— Your assignment —
When a line below holds the string "length", show that line.

— Data —
Content starts
-- ===== src/StatStore/Disk/Kept.antt =====
-- Whatever fails, each log can be read as before, or is the one that was saved.
use dzzzr_cli.Base.{
  ℕ, ◌≡◌, refl, ap, ◌∙◌, subst, true, Option, none, some, inl, inr, ◌⊎◌, ◌==◌, ltb, length, Text,
  text_eq, Bool-cases,
}
use dzzzr_cli.StatStore.Logs.{StoredLog, Services, RoundTrips, max_log_bytes}
use dzzzr_cli.StatStore.Disk.{
  Directory, json_name, tmp_name, is_valid_id, save_renamed, save_written, save_opened,
  save_encoded, save_made, save_file, load_read, load_opened, load_file, Saved, create_file_built,
  create_file, update_file_built, update_file_loaded, update_file,
}
use dzzzr_cli.StatStore.Disk.Laws.{
  IsReadable, DirectoryLaws, tmp_name-json_name, json_name-injective,
}

module _ {W Config : Type 0} (d : Directory W) (v : Services Config) (laws : DirectoryLaws d) where
  -- The file of `j` with the bytes `k` reads as before, or it is the log saved, encoded.
  IsKept : Text → Text → Saved d v → Type 0
  IsKept j k (r, w) =
      IsReadable d (json_name j) k w
      ⊎ ((l : StoredLog Config) × (b : Text) × (r ≡ inr l)
          × (l.id ≡ j)
          × (v.encode l ≡ inr b)
          × IsReadable d (json_name j) b w)

  module _ (j k : Text) (l : StoredLog Config) (b : Text) (encodes : v.encode l ≡ inr b) where
    save_renamed-IsKept :
        (w : W)
        → IsReadable d (json_name j) k w
        → IsReadable d (tmp_name l.id) b w
        → IsKept j k (save_renamed d v l (d.rename (tmp_name l.id) (json_name l.id) w))
    unfolding save_renamed IsKept
    save_renamed-IsKept w old new = go _ refl
      where
        from : Text
        from = tmp_name l.id

        removed :
            (n c : Text) (w' : W)
            → IsReadable d (json_name n) c w'
            → IsReadable d (json_name n) c (d.remove from w')
        removed n c w' h = laws.remove_keeps from (json_name n) c w' (tmp_name-json_name l.id n) h

        go :
            (r : Option Text × W)
            → d.rename from (json_name l.id) w ≡ r
            → IsKept j k (save_renamed d v l r)
        go (some err, w') e = inl (
            removed j k w' (
              subst (IsReadable d (json_name j) k) (ap (λ x. x.1) e) (
                laws.rename_fails from (json_name l.id) (json_name j) k err w (ap (λ x. x.0) e)
                  old)))
        go (none, w') e = elim (Bool-cases (text_eq (json_name l.id) (json_name j))) [
          | inr other ↦ inl (
              removed j k w' (
                subst (IsReadable d (json_name j) k) (ap (λ x. x.1) e) (
                  laws.rename_keeps from (json_name l.id) (json_name j) k w
                    (tmp_name-json_name l.id j) other old)))
          | inl same ↦
              let at : l.id ≡ j = json_name-injective l.id j same in
              let here : IsReadable d (json_name l.id) b w' =
                subst (IsReadable d (json_name l.id) b) (ap (λ x. x.1) e)
                  (laws.rename_reads from (json_name l.id) b w (ap (λ x. x.0) e) new) in
              inr (
                l,
                b,
                refl,
                at,
                encodes,
                subst (λ n. IsReadable d (json_name n) b (d.remove from w')) at
                    (removed l.id b w' here),
              )
        ]

    save_written-IsKept :
        (w : W)
        → IsReadable d (json_name j) k w
        → IsKept j k (save_written d v l (d.write_file (tmp_name l.id) b w))
    unfolding save_written IsKept IsReadable
    save_written-IsKept w old = go _ refl
      where
        kept : IsReadable d (json_name j) k (d.write_file (tmp_name l.id) b w).1
        kept = laws.write_keeps (tmp_name l.id) b (json_name j) k w (tmp_name-json_name l.id j) old

        go :
            (r : Option Text × W)
            → d.write_file (tmp_name l.id) b w ≡ r
            → IsKept j k (save_written d v l r)
        go (some err, w') e = inl (subst (IsReadable d (json_name j) k) (ap (λ x. x.1) e) kept)
        go (none, w') e =
            save_renamed-IsKept w' (subst (IsReadable d (json_name j) k) (ap (λ x. x.1) e) kept) (
              subst (IsReadable d (tmp_name l.id) b) (ap (λ x. x.1) e)
                (laws.write_reads (tmp_name l.id) b w old.0 (ap (λ x. x.0) e)))

  save_file-IsKept :
      (j k : Text) (l : StoredLog Config) (w : W)
      → IsReadable d (json_name j) k w
      → IsKept j k (save_file d v l w)
  unfolding save_file save_made save_encoded save_opened IsKept
  save_file-IsKept j k l w old = made _ refl
    where
      opened :
          (b : Text) (w' : W) (r : Option Text)
          → v.encode l ≡ inr b
          → IsReadable d (json_name j) k w'
          → IsKept j k (save_opened d v l b r w')
      opened b w' (some err) e h = inl h
      opened b w' none e h = save_written-IsKept j k l b e w' h

      encoded :
          (w' : W) (r : Text ⊎ Text)
          → v.encode l ≡ r
          → IsReadable d (json_name j) k w'
          → IsKept j k (save_encoded d v l r w')
      encoded w' (inl err) e h = inl h
      encoded w' (inr b) e h = opened b w' (d.open_root w') e h

      made : (r : Option Text × W) → d.make_root w ≡ r → IsKept j k (save_made d v l r)
      made (some err, w') e =
          inl (
            subst (IsReadable d (json_name j) k) (ap (λ x. x.1) e) (laws.make_root_keeps _ k w old))
      made (none, w') e =
          encoded w' (v.encode l) refl (
            subst (IsReadable d (json_name j) k) (ap (λ x. x.1) e) (laws.make_root_keeps _ k w old))

  -- What changes the store.
  pub data Change : Type 0 where
    creation : (name base content : Text) (cfg : Option Config) (drawn : Text ⊎ Text) → Change
    revision_of : (id : Text) (revision : ℕ) (cfg : Config) → Change

  unfoldable pub changed : Change → W → Saved d v
  unfolding create_file update_file
  changed (creation name base content cfg drawn) w = create_file d v name base content cfg drawn w
  changed (revision_of id revision cfg) w = update_file d v id revision cfg w

  changed-IsKept :
      (j k : Text) (c : Change) (w : W) → IsReadable d (json_name j) k w → IsKept j k (changed c w)
  unfolding changed create_file create_file_built update_file update_file_loaded update_file_built
      IsKept
  changed-IsKept j k (creation name base content cfg drawn) w old =
      elim (Bool-cases (ltb max_log_bytes (length content))) [
        | inl long ↦ rw long (inl old)
        | inr fits ↦ rw fits (built (v.build name content cfg) drawn)
      ]
    where
      built :
          (r : Text ⊎ Config) (drawn' : Text ⊎ Text)
          → IsKept j k (create_file_built d v base content r drawn' w)
      built (inl err) drawn' = inl old
      built (inr config) (inl err) = inl old
      built (inr config) (inr id) = save_file-IsKept j k _ w old
  changed-IsKept j k (revision_of id revision cfg) w old = loaded (load_file d v id w)
    where
      built : (l : StoredLog Config) (r : Text ⊎ Config) → IsKept j k (update_file_built d v l r w)
      built l (inl err) = inl old
      built l (inr config) = save_file-IsKept j k _ w old

      loaded : (r : Text ⊎ StoredLog Config) → IsKept j k (update_file_loaded d v revision cfg r w)
      loaded (inl err) = inl old
      loaded (inr l) = elim (Bool-cases (revision == l.revision)) [
        | inr stale ↦ rw stale (inl old)
        | inl current ↦ rw current (built l (v.build l.name l.content (some cfg)))
      ]

  load_file-IsReadable :
      (j : Text) (w : W) (x : StoredLog Config)
      → load_file d v j w ≡ inr x
      → (k : Text) × (is_valid_id j ≡ true) × (v.decode k ≡ inr x) × IsReadable d (json_name j) k w
  unfolding load_file load_opened load_read IsReadable
  load_file-IsReadable j w x h = elim (Bool-cases (is_valid_id j)) [
    | inr bad ↦ cc (rw bad at h)
    | inl valid ↦
        opened valid (d.open_root w) (d.read_file (json_name j) w) refl refl (rw valid at h)
  ]
    where
      opened :
          is_valid_id j ≡ true
          → (o : Option Text) (r : Text ⊎ Text) → d.open_root w ≡ o
          → d.read_file (json_name j) w ≡ r
          → load_opened d v j o w ≡ inr x
          → (k : Text) × (is_valid_id j ≡ true)
            × (v.decode k ≡ inr x)
            × IsReadable d (json_name j) k w
      opened valid (some err) r eo er y = cc y
      opened valid none (inl err) eo er y = cc (rw er at y)
      opened valid none (inr k) eo er y = (k, valid, rw er at y, (eo, er))

  load_file-decode :
      (j k : Text) (w : W)
      → is_valid_id j ≡ true
      → IsReadable d (json_name j) k w
      → load_file d v j w ≡ v.decode k
  unfolding load_file load_opened load_read IsReadable
  load_file-decode j k w valid (o, r) = rw (valid, o, r) refl

  -- On a directory with the documented laws, a log that loads before a creation or an update loads
  -- after it the same, whatever fails on the way, or it is the log that the call returned without an
  -- error.
  pub load_file_keeps :
      (codec : RoundTrips v)
      → (c : Change) (j : Text) (w : W) (x : StoredLog Config) → load_file d v j w ≡ inr x
      → (load_file d v j (changed c w).1 ≡ inr x)
        ⊎ ((l : StoredLog Config) × ((changed c w).0 ≡ inr l)
            × (l.id ≡ j)
            × (load_file d v j (changed c w).1 ≡ inr l))
  unfolding IsKept
  load_file_keeps codec c j w x h =
      let (k, valid, decodes, old) = load_file-IsReadable j w x h in
      elim (changed-IsKept j k c w old) [
        | inl same ↦ inl (load_file-decode j k _ valid same ∙ decodes)
        | inr (l, b, r, at, encodes, new) ↦
            inr (l, r, at, load_file-decode j b _ valid new ∙ codec.decode-encode l b encodes)
      ]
Content ends
— Reply to the exercise —
  ℕ, ◌≡◌, refl, ap, ◌∙◌, subst, true, Option, none, some, inl, inr, ◌⊎◌, ◌==◌, ltb, length, Text,
      elim (Bool-cases (ltb max_log_bytes (length content))) [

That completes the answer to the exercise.